= Arrabbiati =

The Arrabbiati ('Enraged') were a faction in the Republic of Florence that opposed the rule of the House of Medici. They also opposed the rule of Girolamo Savonarola (1494–1498) for being insufficiently anti-Medicean, for excessive religious zeal or for his pro-French foreign policy. They supported an aristocratic republic and were aligned with the Papacy and Ludovico Sforza.

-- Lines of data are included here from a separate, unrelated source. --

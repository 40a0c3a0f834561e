-- ===== src/Replay/Engine/Order.antt =====
-- What the event log of a run of src/agenttrace/replay/engine.py shows, whatever the order in which
-- the event loop goes on with the tasks.
use atcr_agent_trace_collect.Prelude.{
  String, Bool, true, false, ◌≡◌, ◌⊎◌, inl, inr, some, List, ◌∷◌, ◌++◌,
}
use atcr_agent_trace_collect.Prelude.Names.{contains}
use atcr_agent_trace_collect.Schema.Types.{Node}
use atcr_agent_trace_collect.Schema.Nodes.{ids}
use atcr_agent_trace_collect.Replay.Engine.{
  Event, node_started, node_completed, node_failed, node_cancelled, replay_completed, State,
  initial, parents, Choice, run,
}
use atcr_agent_trace_collect.Replay.Engine.Log.{logs_start, logs_completion}
use atcr_agent_trace_collect.Replay.Engine.Invariant.{Justified, run-Inv, Inv-initial}

abbrev pub Reaches : List Node → List Choice → State → Type 0
Reaches g choices s = run g choices initial ≡ some s

module _ (g : List Node) (choices : List Choice) (s : State) (r : Reaches g choices s)
    (before after : List Event) (n : String) where
  -- A node starts once, and after each of its dependencies has completed.
  pub starts_after_parents :
      s.events ≡ before ++ node_started n ∷ after
      → ((p : String) → contains p (parents g n) ≡ true → logs_completion p before ≡ true)
        × (logs_start n before ≡ false)
  starts_after_parents e =
      (run-Inv g choices initial s (Inv-initial g) r).justified before (node_started n) after e

  -- A node completes once, after its start.
  pub completes_after_start :
      s.events ≡ before ++ node_completed n ∷ after
      → (logs_start n before ≡ true) × (logs_completion n before ≡ false)
  completes_after_start e =
      (run-Inv g choices initial s (Inv-initial g) r).justified before (node_completed n) after e

  -- A failure tells whether the node had started, and does not follow a completion.
  pub failure_tells_start :
      (started : Bool)
      → (s.events ≡ before ++ node_failed n started ∷ after)
        ⊎ (s.events ≡ before ++ node_cancelled n started ∷ after)
      → (logs_start n before ≡ started) × (logs_completion n before ≡ false)
  failure_tells_start started (inl e) =
      (run-Inv g choices initial s (Inv-initial g) r).justified before (node_failed n started) after
        e
  failure_tells_start started (inr e) =
      (run-Inv g choices initial s (Inv-initial g) r).justified before (node_cancelled n started)
        after e

-- Every event of a log is justified by the events before it. A start is the first of its node, and each
-- dependency has completed. A completion follows the start and is the first of its node. A failure or
-- a cancellation says truly whether the node had started, and follows no completion.
-- "replay_completed" follows a completion of every node.
pub run-Justified :
    (g : List Node) (choices : List Choice) (s : State)
    → Reaches g choices s
    → (before after : List Event) (x : Event) → s.events ≡ before ++ x ∷ after
    → Justified g before x
run-Justified g choices s r before after x e =
    (run-Inv g choices initial s (Inv-initial g) r).justified before x after e

-- "replay_completed" is written only when every node's completion is in the log.
pub replay_completed_after_all :
    (g : List Node) (choices : List Choice) (s : State)
    → Reaches g choices s
    → (before after : List Event) (n : String) → s.events ≡ before ++ replay_completed ∷ after
    → contains n (ids g) ≡ true
    → logs_completion n before ≡ true
replay_completed_after_all g choices s r before after n e =
    (run-Inv g choices initial s (Inv-initial g) r).justified before replay_completed after e n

They arose in the second half of the 15th century. During Savonarola's rule, they opposed an increase in the number of guards posted in public. After Savonarola's execution, there was a failed attempt at rapprochement between his followers, the Piagnoni, and the Arrabbiati in 1499. With Piero de' Medici preparing to attach Florence in December 1500, the two factions entered into an alliance. This was arranged through a series of large dinners at the houses of various prominent persons.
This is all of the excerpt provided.